A Multi-Agent Framework with Structured Reasoning and Reflective Refinement for Multimodal Empathetic Response Generation

arXiv cs.CV / 4/22/2026

📰 NewsIdeas & Deep AnalysisModels & Research

Key Points

  • The paper addresses multimodal empathetic response generation (MERG), arguing that common one-pass methods miss the structured nature of human emotion perception and can introduce emotional biases.
  • It proposes a multi-agent framework that performs structured reasoning via decomposed modules, including emotion forecasting, pragmatic strategy planning, and strategy-guided response generation from multimodal inputs.
  • It adds a global reflection and refinement loop where a reflection agent audits intermediate states and the draft response step-by-step to remove empathy errors and trigger targeted regeneration.
  • Experiments on benchmarks such as IEMOCAP and MELD show improved empathic response generation compared with prior state-of-the-art approaches.
  • The overall contribution is a closed-loop process that iteratively improves emotion perception accuracy and reduces emotion biases during generation.

Abstract

Multimodal empathetic response generation (MERG) aims to generate emotionally engaging and empathetic responses based on users' multimodal contexts. Existing approaches usually rely on an implicit one-pass generation paradigm from multimodal context to the final response, which overlooks two intrinsic characteristics of MERG: (1) Human perception of emotional cues is inherently structured rather than a direct mapping.
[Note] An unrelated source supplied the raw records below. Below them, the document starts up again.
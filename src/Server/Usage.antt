-- ===== src/Server/Usage.antt =====
-- The daily counters that push_relay/app.py keeps in the documents of Agents and apps:
-- `_usage_update`, `_current_usage` and `_archive_usage`. `date` is the UTC day of a clock reading
-- as ISO text, and `is_date` is whether `strptime` takes a text as a date.
use pbxpulse_agent.Prelude.{
  ℕ, ◌+◌, ◌-◌, ◌*◌, leb, pos, negsuc, String, Bool, true, false, not, ◌&&◌, List, [], ◌∷◌,
  if◌then◌else◌, concat, take_text, nat_eq,
}
use pbxpulse_agent.Prelude.Clock.{second}
use pbxpulse_agent.Json
use pbxpulse_agent.Json.{Json, Items, Fields, null, bool, num, str, arr, obj, end, field}
use pbxpulse_agent.Server.Store.{
  Firestore, ok, refuse, Action, pure, ◌>>◌, merged, fields_or, exists, time, set_doc, update_doc,
}

abbrev pub day : ℕ
day = 86400 * second

-- The values that are counts, as whole numbers.
unfoldable pub counts : Fields → Fields
counts end = end
counts (field k (num (pos n)) d) = field k (num (pos n)) (counts d)
counts (field k (num (negsuc n)) d) = counts d
counts (field k (bool b) d) = field k (num (pos (if b then 1 else 0))) (counts d)
counts (field k null d) = counts d
counts (field k (str s) d) = counts d
counts (field k (arr l) d) = counts d
counts (field k (obj e) d) = counts d

unfoldable pub counts_of : Json → Fields
counts_of (obj d) = counts d
counts_of null = end
counts_of (bool b) = end
counts_of (num n) = end
counts_of (str s) = end
counts_of (arr l) = end

-- `_current_usage`
unfoldable pub current_usage : Fields → String → Fields
current_usage document today =
    if Json.is_str today (Json.get document "usageDate")
    then counts_of (Json.get document "usage")
    else end

-- `{key: max(0, int(value)) for … if int(value) > 0}`
unfoldable pub positive : List (String × ℕ) → Fields
positive [] = end
positive ((k, n) ∷ l) =
    let rest = positive l in if nat_eq n 0 then rest else field k (num (pos n)) rest

-- `firestore.Increment`: a value that is no number counts as none.
unfoldable pub incremented : Json → ℕ → Json
incremented (num (pos m)) n = num (pos (m + n))
incremented (num (negsuc m)) n = num (if leb (m + 1) n then pos (n - (m + 1)) else negsuc (m - n))
incremented null n = num (pos n)
incremented (bool b) n = num (pos n)
incremented (str s) n = num (pos n)
incremented (arr l) n = num (pos n)
incremented (obj d) n = num (pos n)

fields_of : Json → Fields
fields_of (obj d) = d
fields_of null = end
fields_of (bool b) = end
fields_of (num n) = end
fields_of (str s) = end
fields_of (arr l) = end

-- What `_usage_update` adds to a write: the counters start again, or they are incremented.
pub data UsageUpdate : Type 0 where
  restart : String → Fields → UsageUpdate
  increment : List (String × ℕ) → UsageUpdate

unfoldable pub add_counts : Fields → List (String × ℕ) → Fields
unfolding incremented
add_counts usage [] = usage
add_counts usage ((k, n) ∷ l) =
    add_counts (if nat_eq n 0 then usage else Json.put usage k (incremented (Json.get usage k) n)) l

-- The document that an update with these counters gives.
unfoldable pub with_usage : UsageUpdate → Fields → Fields
unfolding fields_of
with_usage (restart today usage) document =
    Json.put (Json.put document "usageDate" (str today)) "usage" (obj usage)
with_usage (increment counters) document =
    Json.put document "usage" (obj (add_counts (fields_of (Json.get document "usage")) counters))

is_text : Json → Bool
is_text (str s) = true
is_text null = false
is_text (bool b) = false
is_text (num n) = false
is_text (arr l) = false
is_text (obj d) = false

-- Whether the counters of an earlier day are still to be kept.
unfoldable pub is_archivable : (String → Bool) → Fields → String → Bool
unfolding is_text
is_archivable is_date document today =
    is_text (Json.get document "usageDate")
    && not (Json.is_str today (Json.get document "usageDate"))
    && not (
        Json.is_str (Json.to_text (Json.get document "usageDate"))
          (Json.get document "usageArchivedDate"))
    && is_date (Json.to_text (Json.get document "usageDate"))
    && Json.truthy (obj (counts_of (Json.get document "usage")))

module _ (fs : Firestore) (hash : String → String) (date : ℕ → String)
    (is_date : String → Bool) where
  open fs use {Db}

  unfoldable pub usage_path : String → String → String → String
  usage_path usage_date entity_kind entity_id = concat (
      "usageDaily/"
      ∷ usage_date
      ∷ "/entities/"
      ∷ take_text 24 (hash (concat (entity_kind ∷ ":" ∷ entity_id ∷ [])))
      ∷ [])

  -- `_archive_usage`
  unfoldable pub archive_usage : ℕ → String → Fields → String → String → Action Db (Unit {0})
  unfolding usage_path
  archive_usage now path document entity_kind entity_id =
      let usage_date = Json.to_text (Json.get document "usageDate") in
      let entry = field "kind" (str entity_kind) (
        field "usage" (obj (counts_of (Json.get document "usage")))
          (field "archivedAt" (time now) (field "expiresAt" (time (now + 90 * day)) end))) in
      let archived = field "usageArchivedDate" (str usage_date) end in
      if is_archivable is_date document (date now)
      then set_doc fs (usage_path usage_date entity_kind entity_id) entry
        >> update_doc fs path archived
      else pure tt

  -- `_usage_update`
  unfoldable pub usage_update :
      ℕ → String → Fields → String → String → List (String × ℕ) → Action Db UsageUpdate
  usage_update now path document entity_kind entity_id increments =
      archive_usage now path document entity_kind entity_id
      >> pure (
          if Json.is_str (date now) (Json.get document "usageDate")
          then increment increments
          else restart (date now) (positive increments))

  -- An update of a document together with counters.
  unfoldable pub update_counted : String → Fields → UsageUpdate → Action Db (Unit {0})
  update_counted path new usage s =
      let document = with_usage usage (merged (fields_or (fs.get s.db path)) new) in
      if exists fs s.db path
      then (ok tt, record s { db = fs.set s.db path document })
      else (refuse 500 "Internal Server Error", s)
The conventional paradigm neglects the hierarchical progression of emotion perception, leading to distorted emotional judgments. (2) Given the inherent complexity and ambiguity of human emotions, the conventional paradigm is prone to significant emotional biases, ultimately resulting in suboptimal empathy. In this paper, we propose a multi-agent framework for MERG, which enhances empathy through structured reasoning and reflective refinement. Specifically, we first introduce a structured empathetic reasoning-to-generation module that explicitly decomposes response generation via multimodal perception, consistency-aware emotion forecasting, pragmatic strategy planning, and strategy-guided response generation, providing a clearer intermediate path from multimodal evidence to response realization. Besides, we develop a global reflection and refinement module, in which a global reflection agent performs step-wise auditing over intermediate states and the generated response, eliminating existing emotional biases and empathy errors, and triggering targeted regeneration. Overall, such a closed-loop framework enables our model to gradually improve the accuracy of emotion perception and eliminate emotion biases during the iteration process. Experiments on several benchmarks, e.g., IEMOCAP and MELD, demonstrate that our model has superior empathic response generation capabilities compared to state-of-the-art methods.